Do you know poetry, song, dance, music storytelling and more poetry is a heady mixture that guarantees more enjoyment than any screen or social media platform? I read a few of the poems, like Old Friends... “picking up where we left off in the past. They seem to know when to leave you alone. Then at the right moment pick up the phone And return to your life after a long pause To love you as you are, even your flaws.

We sang and danced, then read a few poems long into the night... and early morning too! The ‘Noble Call’ was never refused as innate talent poured forth as the lines came from Maurice’s pen.

Maurice never set out to be a best- selling author, but lads, isn’t it mighty, in this day and age, and after all we’ve been through, that the bardic tradition and that of the ‘fíle’ still flourishes.
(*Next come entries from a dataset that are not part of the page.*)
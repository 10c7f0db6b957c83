-- ===== src/Tests/Recipe.antt =====
-- Runs of recipes with IF blocks.
use servers.Base.{
  ℕ, ◌≡◌, ◌≢◌, refl, true, false, [], ◌∷◌, ◌++◌, none, some, Text, List, codes, ok, err, Option,
  eqt, if◌then◌else◌,
}
use servers.Recipe.Flow.{Statement, normal, Machine, run_recipe, eval_cond}
use servers.Recipe.Flow.Nested.{
  Block, nothing, plain, choose, else_if, otherwise, flatten, run_block,
}
use servers.Recipe.Flow.Refined.{run_recipe-flatten}

-- The memory is the list of words that were printed; "?" is a variable without a value.
abbrev expand_tokens : List Text → Option (List Text)
expand_tokens [] = some []
expand_tokens (t ∷ ts) = if eqt t (codes "?") then none else some (t ∷ ts)

abbrev pub printer : Machine (List Text)
printer = record {
  expand = λ tokens w. expand_tokens tokens;
  execute = λ st argv w. (w ++ argv, true);
}

abbrev pub statement : List Text → List Text → Statement
statement argv cond = record {
  line = 1;
  argv = argv;
  capture = [];
  src = [];
  control = normal;
  cond = cond;
}

abbrev say : Text → Statement
say t = statement (t ∷ []) []

abbrev on : Text → Statement
on t = statement [] (t ∷ [])

abbrev program : Block
program =
    choose (on (codes "no")) (plain (say (codes "a")) nothing)
      (else_if (on (codes "yes")) (plain (say (codes "b")) nothing)
        (otherwise (say (codes "else")) (plain (say (codes "c")) nothing)))
      (plain (say (codes "d")) nothing)

-- The second branch is run, and what follows the block.
program_runs : run_recipe printer false (flatten program []) [] ≡ ok (codes "b" ∷ codes "d" ∷ [])
unfolding run_recipe flatten eval_cond eqt servers.Base.one_of servers.Base.to_lower
    servers.Base.trim_space servers.Base.is_empty
program_runs = refl

run_recipe-flatten_example :
    run_recipe printer false (flatten program []) [] ≡ run_block printer program []
run_recipe-flatten_example = run_recipe-flatten printer program []
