-- ===== src/Tests/Parser.antt =====
-- Runs of the recipe language's parser.
use servers.Base.{
  ℕ, ◌≡◌, ◌≢◌, refl, Bool, true, false, [], ◌∷◌, ◌++◌, none, some, Text, List, codes, ok, err,
  arith, All, length, map,
}
use servers.Recipe.Flow.{
  if_marker, end_marker, Statement, no_open_if, run_recipe, validate_control_flow,
}
use servers.Recipe.Tokens.{marker, command, parse_statements}
use servers.Recipe.Tokens.RoundTrip.{
  Source, run, store, opens, turns, otherwise, closes, render, meanings, IsSource, is_plain,
  parse_statements-render,
}
use servers.Recipe.Tokens.Sound.{IsStatement, parse_statements_sound}
use servers.Recipe.Header.{Float64, Recipe}
use servers.Recipe.Include.{FilePaths, Files, out_of_fuel, parse}
use servers.Recipe.Include.Ends.{parse_ends}
use servers.Recipe.Include.Balanced.{NoInclude, parse_sound}
use servers.Recipe.Semver.{Verdict, less, greater, compare_semver}
use servers.Tests.Recipe.{printer}

-- A word with a semicolon, a quote and a comment sign, a capture, and a block with three branches.
abbrev sources : List Source
sources =
    run (codes "echo") (codes "a; \"b\" # c" ∷ [])
    ∷ store (codes "x") (codes "node") (codes "list" ∷ [])
    ∷ opens (codes "${x}") []
    ∷ run (codes "echo") (codes "one" ∷ [])
    ∷ turns (codes "yes") []
    ∷ run (codes "echo") (codes "two" ∷ [])
    ∷ otherwise
    ∷ run (codes "echo") (codes "three" ∷ [])
    ∷ closes
    ∷ []

abbrev path : Text
path = codes "/r/a.isann"

abbrev header : List Text
header = codes "#pragma ISANN 1.0.0" ∷ codes "" ∷ []

sources-IsSource : All IsSource sources
unfolding is_plain servers.Recipe.Tokens.is_var_name servers.Recipe.Tokens.is_name_rest
    servers.Base.eqt
sources-IsSource = (refl, ((refl, refl), (tt, (refl, (tt, (refl, (tt, (refl, (tt, tt)))))))))

balanced : validate_control_flow (meanings path 3 sources) ≡ ok tt
unfolding validate_control_flow servers.Recipe.Flow.validate_from
balanced = refl

parse_statements-render_example :
    parse_statements path (header ++ map render sources) 2 ≡ ok (meanings path 3 sources)
parse_statements-render_example =
    parse_statements-render path header sources sources-IsSource balanced

parse_statements_sound_example :
    All (IsStatement path) (meanings path 3 sources)
    × (validate_control_flow (meanings path 3 sources) ≡ ok tt)
parse_statements_sound_example =
    parse_statements_sound path (header ++ map render sources) 2 (meanings path 3 sources)
      parse_statements-render_example

-- No number is read; paths are their own absolute paths.
abbrev pub no_floats : Float64
no_floats = record {
  F = ℕ;
  zero = 0;
  parse = λ s. none;
  above_zero = λ n. false;
  below = λ n m. false;
}

abbrev pub flat : FilePaths
flat = record { is_abs = λ s. true; join = λ a b. b; dir = λ s. s; abs = λ s. s }

abbrev pub included : Text
included = codes "#pragma ISANN 1.0.0\nvar y = 1;"

abbrev main : Text
main = codes "#pragma ISANN 1.0.0\nIF yes BEGIN\ninclude \"/r/b\";\nEND"

abbrev files : Files
files = (codes "/r/b", included) ∷ []

parse_ends_example : parse no_floats flat files 1 path main ≢ err out_of_fuel
parse_ends_example = parse_ends no_floats flat files 1 path main (omega arith)

-- What is loaded: the statement of the included file, inside the block.
abbrev loaded_recipe : Recipe no_floats
loaded_recipe = record {
  path = path;
  min_isann_version = codes "1.0.0";
  meta = [];
  requires = none;
  statements =
      marker if_marker (codes "yes" ∷ []) path 2
      ∷ command [] (codes "var" ∷ codes "y" ∷ codes "=" ∷ codes "1" ∷ []) (codes "/r/b") 2
      ∷ marker end_marker [] path 4
      ∷ [];
}

loaded : parse no_floats flat files 1 path main ≡ ok loaded_recipe
unfolding parse servers.Recipe.Header.parse_file servers.Base.split_byte servers.Base.unix_lines
    servers.Base.is_empty servers.Base.trim_space servers.Base.has_prefix servers.Base.fields
    servers.Base.cut_text servers.Base.trim_prefix servers.Base.eqt
    servers.Recipe.Semver.looks_like_semver servers.Base.parse_int parse_statements
    validate_control_flow servers.Base.one_of servers.Base.lookup servers.Base.cut_byte
loaded = refl

parse_sound_example :
    All NoInclude loaded_recipe.statements
    × (validate_control_flow loaded_recipe.statements ≡ ok tt)
    × (run_recipe printer false loaded_recipe.statements [] ≢ err (no_open_if ∷ []))
parse_sound_example = parse_sound printer [] no_floats flat files 1 path main loaded_recipe loaded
As I came back through Inch, Dangan, Mount Unicke, Dungourney and onto Britway, I couldn’t help but think of Liam Rua Mac Coitir and Eamonn de Bhál, poets of the 1700s. They chronicled the lives, loves, joys and heartbreaks of East Cork fado, fado and the chain remains unbroken now.

That well-spring of awe-inspiring thoughts and inspiration still flows forth and long may it do so.

I’ll finish with the last few lines from A Room Filled With Treasure.

Then I realised friendship, the most beautiful thing in any room

May not always be framed and on display

But I have friendships that I treasure to this day.